Analysis of Matrix Data

Objective

The objective of this course is to study high-dimensional statistics problems in order to highlight three fundamental ideas in this area that can subsequently be applied to many other problems related to data science. We briefly outline these principles:

A large amount of real-world data belongs to high-dimensional spaces in which classical statistical methods are ineffective (see "curse of dimensionality"). However, most of this data is structured. As a result, the "true" dimension of the problem is no longer that of the ambient space but rather that of the structure that contains the useful information of the data. This is referred to as structured or sparse data. Constructing bases or dictionaries that reveal the low-dimensional structures of this data is an important component of high-dimensional statistics.

At first glance, finding these low-dimensional structures seems to require a combinatorial search in a high-dimensional space. Such procedures are impractical. Therefore, an important aspect of high-dimensional statistics is to propose and analyze algorithms that can be implemented even in high-dimensional spaces. Two approaches have received particular attention: convex relaxation (coupled with the convex optimization toolbox) and iterative algorithms, which sometimes allow solving non-convex optimization problems.

Finally, the third component is the role played by randomness in high-dimensional statistics. It turns out that low-dimensional structures are generally revealed by random objects, and so far, deterministic methods have not been able to uncover these structures as efficiently as, for example, random matrices.

A course on high-dimensional statistics can thus cover several areas of mathematics, including approximation theory, convex optimization, and probability theory. In this course, we will mainly study the algorithmic and probabilistic aspects of this theory. Approximation theory will be addressed only briefly through the example of images. This course will approach the paradigm of high-dimensional statistics around three main topics:

• Compressed sensing: the problem of exact and approximate reconstruction of a high-dimensional signal from a small number of linear measurements of this vector, knowing that it has a small support;
• Matrix completion/recommendation systems: how to complete a matrix from observing a small number of its entries, knowing that the matrix has a low rank;
• Community detection in graphs: finding densely connected subgraphs in 'large' graphs.

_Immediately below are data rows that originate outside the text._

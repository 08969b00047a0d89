-- ===== src/Reactor/Loop/Ending.antt =====
-- How EpollReactor::stop ends the loop: through the command pipe.
use vpn_service_android.Common.{
  ℕ, ◌≡◌, refl, List, [], ◌∷◌, ◌++◌, some, Bool, true, false, ◌||◌, if_both, All, arith, Bool-cases,
  inl, inr,
}
use vpn_service_android.Reactor.{command, Callback, Reactor}
use vpn_service_android.Reactor.Table.{find}
use vpn_service_android.Reactor.Calls.{Call, stop}
use vpn_service_android.Reactor.Calls.Spared.{asks_stop, Spares}
use vpn_service_android.Reactor.Loop.{round, Wait, interrupted, bad, reported, loop}
use vpn_service_android.Reactor.Loop.Kept.{stubs}
use vpn_service_android.Reactor.Loop.Safety.{IsResting, round-IsResting, Reports, registered_live}
use vpn_service_android.Reactor.Loop.Tracks.{Stops, IsCommand, listener_of, other-IsCommand}
use vpn_service_android.Reactor.Loop.Rounds.{wakes, Ends, round-Ends}

-- A row of answers, in one of which the pipe's stub `a` is reported as readable.
abbrev pub some_wakes : ℕ → List Wait → Bool
some_wakes a [] = false
some_wakes a (interrupted ∷ ws) = some_wakes a ws
some_wakes a (bad ∷ ws) = some_wakes a ws
some_wakes a (reported es now ∷ ws) = wakes a es || some_wakes a ws

module _ (handlers : List Callback → List Call) (fd a : ℕ)
    (spares : (log : List Callback) → All (Spares fd) (handlers log)) where
  off_ends :
      (ws : List Wait) (last : ℕ) (r : Reactor)
      → r.working ≡ false
      → (loop handlers ws last r).0 ≡ true
  unfolding loop
  off_ends [] last r e = rw e refl
  off_ends (interrupted ∷ ws) last r e = ground arith
  off_ends (bad ∷ ws) last r e = refl
  off_ends (reported es now ∷ ws) last r e = ground arith

  woken_ends :
      (ws : List Wait) (last : ℕ) (r : Reactor)
      → IsResting r
      → IsCommand fd a r
      → Stops r
      → Reports handlers ws last r
      → some_wakes a ws ≡ true
      → (loop handlers ws last r).0 ≡ true
  unfolding loop Ends
  woken_ends [] last r v h s n w = absurd cc
  woken_ends (interrupted ∷ ws) last r v h s n w =
      if_both (λ (p : Bool × Reactor). p.0 ≡ true) r.working (woken_ends ws last r v h s n w) refl
  woken_ends (bad ∷ ws) last r v h s n w = refl
  woken_ends (reported es now ∷ ws) last r v h s n w =
      let live = registered_live handlers r (stubs es) v.valid n.0 in
      let (checked, q) = round handlers es now last r in
      let one = round-Ends handlers fd a spares es now last r h live in
      let rest =
        woken_ends ws checked q (round-IsResting handlers es now last r v live) one.0.here
          (one.0.stops s) n.1 in
      if_both (λ (p : Bool × Reactor). p.0 ≡ true) r.working
        (elim (Bool-cases (wakes a es)) [
          | inl e ↦ off_ends ws checked q (one.1 e s)
          | inr e ↦ rest (ground arith)
        ])
        refl

-- Only EpollReactor::stop writes to the command pipe.
abbrev pub OnlyStops : Reactor → Type 0
OnlyStops r = All (λ c. c ≡ 1) r.pipe

-- A call of stop that gets its byte into the pipe ends the loop: between two rounds, with nothing but
-- stops in the pipe, with its descriptor registered and never named by a call of a handler, and with
-- epoll reporting registered descriptors only, the loop ends within any row of answers of epoll_wait
-- that reports the pipe as readable once, whatever the handlers do otherwise.
pub stop_ends :
    (handlers : List Callback → List Call) (fd a : ℕ) (ws : List Wait) (last : ℕ) (r : Reactor)
    → IsResting r
    → find fd r.table ≡ some a
    → listener_of (r.heap a) ≡ some command
    → OnlyStops r
    → ((log : List Callback) → All (Spares fd) (handlers log))
    → Reports handlers ws last (stop true r).1
    → some_wakes a ws ≡ true
    → (loop handlers ws last (stop true r).1).0 ≡ true
unfolding stop
stop_ends handlers fd a ws last r v f l o spares n w =
    let h : IsCommand fd a r = record { valid = v.valid; place = f; listens = l } in
    woken_ends handlers fd a spares ws last (record r { pipe = r.pipe ++ 1 ∷ [] })
      (record {
        valid = (other-IsCommand fd a r r.working (r.pipe ++ 1 ∷ []) r.log h).valid;
        sound = v.sound;
        nothing_waits = v.nothing_waits;
      })
      (other-IsCommand fd a r r.working (r.pipe ++ 1 ∷ []) r.log h) (inr (asked r.pipe o)) n w
  where
    asked : (xs : List ℕ) → All (λ c. c ≡ 1) xs → asks_stop (xs ++ 1 ∷ []) ≡ true
    asked [] o = refl
    asked (x ∷ xs) o = ground arith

We will thus address the problem of high-dimensional statistics through three key objects/types of data in data science: high-dimensional but sparse vectors, large matrices but of low rank, and finally, 'large' graphs whose nodes are organized into communities.

From a mathematical technique standpoint, we will focus on the following themes:

1. Concentration of random variables and complexity calculations;
2. Methods and analysis of algorithms in convex optimization.

At the end of this course, students should be able to:

• Identify the computational properties of certain optimization problems, particularly identifying computationally difficult problems;
• Find convex relaxations for these (non-convex) optimization problems;
• Understand the role of randomness in these problems, particularly in constructing appropriate measurement vectors;
• Use the problems of compressed sensing, matrix completion, and community detection as standard problems;
• Build algorithms that approximate the solutions of “convexified” optimization problems.

Planning

1. Compressed sensing

2. Matrix completion

3. Community detection

References

Venkat Chandrasekaran, Benjamin Recht, Pablo A. Parrilo, and Alan S. Willsky. The convex geometry of linear inverse problems. Found. Comput. Math., 12(6):805{849, 2012.

Simon Foucart. A simple proof of kashin decomposition theorem. Technical report, Drexel University, 2012.

Olivier Guédon and Roman Vershynin. Community detection in sparse networks via grothendieck's inequality. Technical report, 2014.

Trevor Hastie, Rahul Mazumder, Jason D. Lee, and Reza Zadeh. Matrix completion and low-rank svd via fast alternating least squares. Technical report, Statistics Department and ICME Stanford University, 2014.

Felix Krahmer and Rachel Ward. New and improved Johnson-Lindenstrauss embeddings via the restricted isometry property. SIAM J. Math. Anal., 43(3):1269{1281, 2011.

Emile Richard, Guillaume Obozinski, and Jean-Philippe Vert. Tight convex relaxations for sparse matrix factorization. Technical report, 2012.

Ruslan Salakhutdinov, Andriy Mnih, and Georgey Hinton. Restricted boltzmann machines for collaborative filtering. Technical report, Toronto University, 2010.

Joel A. Tropp. Convex recovery of a structured signal from independent random linear measurements. Technical report, To appear in Sampling Theory, a Renaissance, 2014.